Of all the pet causes by climate skeptics, the obsession with Michael Mann has always struck me as one of the weirdest. Most of the broader public probably has no idea who Mann even is—he was one of the climatologists who created the "hockey stick" graph that used various bits of proxy data (such as tree-ring samples and ice-core measurements) to reconstruct global temperatures over the past 1,000 years. Mann and his co-authors found that the current spate of global warming is unprecedented during that time span. Hence the term "hockey stick"—the temperature graph swerves sharply upward at the end.
Mann's work is important for giving us a fuller historical picture of the Earth's climate, but the case for global warming doesn't really hinge on it. The fact that the Earth is now hotter than it has been in the past 1,000 years tells us nothing about whether human activity is currently warming the planet. Those two things are logically separate. As Potsdam oceanographer Stefan Rahmstorf has explained, the argument that greenhouse gases are heating things up was built on detection and attribution studies that look at recent temperature trends and sift through different possible culprits, such as CO2 or solar variations or volcanoes. (See here for Rahmstorf's post, "What if the hockey stick were wrong?")
And yet, for some reason, Mann has consistently remained one of the most popular targets for attacks by climate skeptics. Back when they ran Congress, Republicans held hearings that tried to discredit his work. Critics pored through those "Climategate" e-mails from East Anglia for evidence that Mann engaged in scientific misconduct. For years, skeptics have scoured through tree-ring data and other assorted curiosities in an attempt to show that the hockey stick is fatally flawed. It seems like a lot of people out there have somehow convinced themselves that if Mann can be taken down, the case for global warming will crumble.
And yet, Mann's work has held up remarkably well. Back in 2006, the National Academy of Sciences looked into all the criticisms of the hockey-stick graph, and, while the resulting report lodged a few complaints, it basically affirmed Mann's research.
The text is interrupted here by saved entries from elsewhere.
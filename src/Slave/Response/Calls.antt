-- ===== src/Slave/Response/Calls.antt =====
-- internal/slave/response.go, internal/db/db.go: the calls of `LookupByType` that an answer makes.
-- Each of them compares names with `CompareDomain`, which panics on some texts.
use xfx1_dns.Prelude.{
  ℕ, Bool, ◌&&◌, ◌||◌, not, Option, none, some, List, [], ◌∷◌, ◌++◌, ◌==◌, if◌then◌else◌, length,
}
use xfx1_dns.Db.{Db, lookup_by_type, compare_owners, fresh_target}
use xfx1_dns.Db.{Call}
use xfx1_dns.Db.Index.{lookup_all}
use xfx1_dns.Dns.Response.{rcode_nx_domain, rcode_no_error}
use xfx1_dns.Slave.Response.{
  is_cname, lookup_rrset, EncloserProof, Chain, proof_records, append_dnssec,
}
use xfx1_dns.Rec.Domain.{Unicode, NameError, Domain}
use xfx1_dns.Rec.Types.{RRtype, type_eq}
use xfx1_dns.Rec.Rr.{Rr}
use xfx1_dns.Prelude.Result.{Result, ok, ◌>>=◌}

unfoldable pub run_calls : ⦃u : Unicode⦄ → Db → List Call → Result NameError (Unit {0})
run_calls db [] = ok tt
run_calls db ((name, t) ∷ calls) =
    compare_owners (lookup_all type_eq t db.by_type) name >>= λ _. run_calls db calls

-- The calls of `LookupAdditional`.
unfoldable pub additional_calls : List Rr → List Domain → List Call
additional_calls [] seen = []
additional_calls (rr ∷ rrs) seen = elim (fresh_target seen rr) [
  | none ↦ additional_calls rrs seen
  | some target ↦ (target, RRtype.a) ∷ (target, RRtype.aaaa) ∷ additional_calls rrs (target ∷ seen)
]

-- The calls for the signatures of the records of a proof.
unfoldable pub owner_calls : List Rr → List Call
owner_calls [] = []
owner_calls (rr ∷ rrs) = (rr.name, RRtype.rrsig) ∷ owner_calls rrs

abbrev pub denial_calls : Option EncloserProof → List Call
denial_calls none = []
denial_calls (some p) = owner_calls (proof_records p)

abbrev pub chain_proof : Db → Option Chain → Domain → Option EncloserProof
chain_proof db none name = none
chain_proof db (some chain) name = chain.proof_of name db.zone db

abbrev pub chain_calls : Db → Option Chain → Domain → List Call
chain_calls db none name = []
chain_calls db (some chain) name = chain.lookups name db.zone

-- The calls of `appendDNSSEC`.
unfoldable pub dnssec_calls : Db → Option Chain → Domain → Domain → ℕ → List Rr → Bool → List Call
dnssec_calls db chain name owner rcode answers do_bit =
    if not do_bit || not db.dnssec_enabled
    then []
    else if rcode == rcode_no_error
    then (if length answers == 0 then [] else (owner, RRtype.rrsig) ∷ [])
    else if rcode == rcode_nx_domain
    then chain_calls db chain name ++ denial_calls (chain_proof db chain name)
    else []

-- The calls of `appendNegativeAuthority`.
unfoldable pub negative_calls : Db → ℕ → List Rr → Bool → List Call
negative_calls db rcode answers do_bit =
    if not (rcode == rcode_nx_domain) && not (rcode == rcode_no_error && length answers == 0)
    then []
    else if do_bit && db.dnssec_enabled
    then (db.zone, RRtype.soa) ∷ (db.zone, RRtype.rrsig) ∷ []
    else (db.zone, RRtype.soa) ∷ []

module _ ⦃u : Unicode⦄ where
  -- The calls of `lookupRRset`: for the type, for CNAME where there is none, and for the targets.
  unfoldable pub rrset_calls : Db → Domain → RRtype → List Call
  rrset_calls db name t =
      let found = lookup_rrset db name t in
      let targets = additional_calls found.answers [] in
      if length (lookup_by_type db name t) == 0 && not (is_cname t)
      then (name, t) ∷ (name, RRtype.cname) ∷ targets
      else (name, t) ∷ targets

  -- The calls for one answer, in their order.
  unfoldable pub answer_calls : Db → Option Chain → Domain → RRtype → ℕ → Bool → List Call
  answer_calls db chain name t qtype do_bit =
      let found = lookup_rrset db name t in
      let signed =
        append_dnssec db chain name found.effective_owner qtype found.rcode found.answers []
          do_bit in
      rrset_calls db name t
      ++ (dnssec_calls db chain name found.effective_owner found.rcode found.answers do_bit
          ++ negative_calls db found.rcode signed.answers do_bit)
Other scientists have replicated his findings: The 2007 IPCC showcased a whole slew of graphs suggesting that it's currently hotter than it has been in the last millennium. Studies and reconstructions continue to get refined, and the same results keep cropping up. What's more, the independent panels that have looked into Climategate have all cleared Mann of any charges of misconduct.
Now here's one more data point. Back in May, Virginia AG Ken Cuccinelli demanded that the University of Virginia turn over a broad range of data and scientific documents associated with Mann's grant requests back when he worked there (he's now at Penn State). Cuccinelli wanted to see if Mann had committed fraud against Virginia taxpayers by working on research he knew to be wrong. And today the results are in—the judge looking at the complaint was not impressed:
Judge Paul M. Peatross Jr. ruled that Cuccinelli can investigate whether fraud has occurred in university grants, as the attorney general had contended, but ruled that Cuccinelli's subpoena failed to state a "reason to believe" that Mann had committed fraud.
Lucky for Cuccinelli, he gets to try again. The odds seem pretty slim that his next subpoena will be the one that finally takes down the hockey stick, which means Mann will probably garner yet another headline noting that he's outlasted his critics once again. But the point of Cuccinelli's hunt isn't to carefully weigh the merits of Mann's research—there are perfectly sound scientific channels for doing that. It's to turn Mann (and, by association, the entire field of climatology) into a "controversial" figure whose work somehow must be suspect if there's this much uproar about it.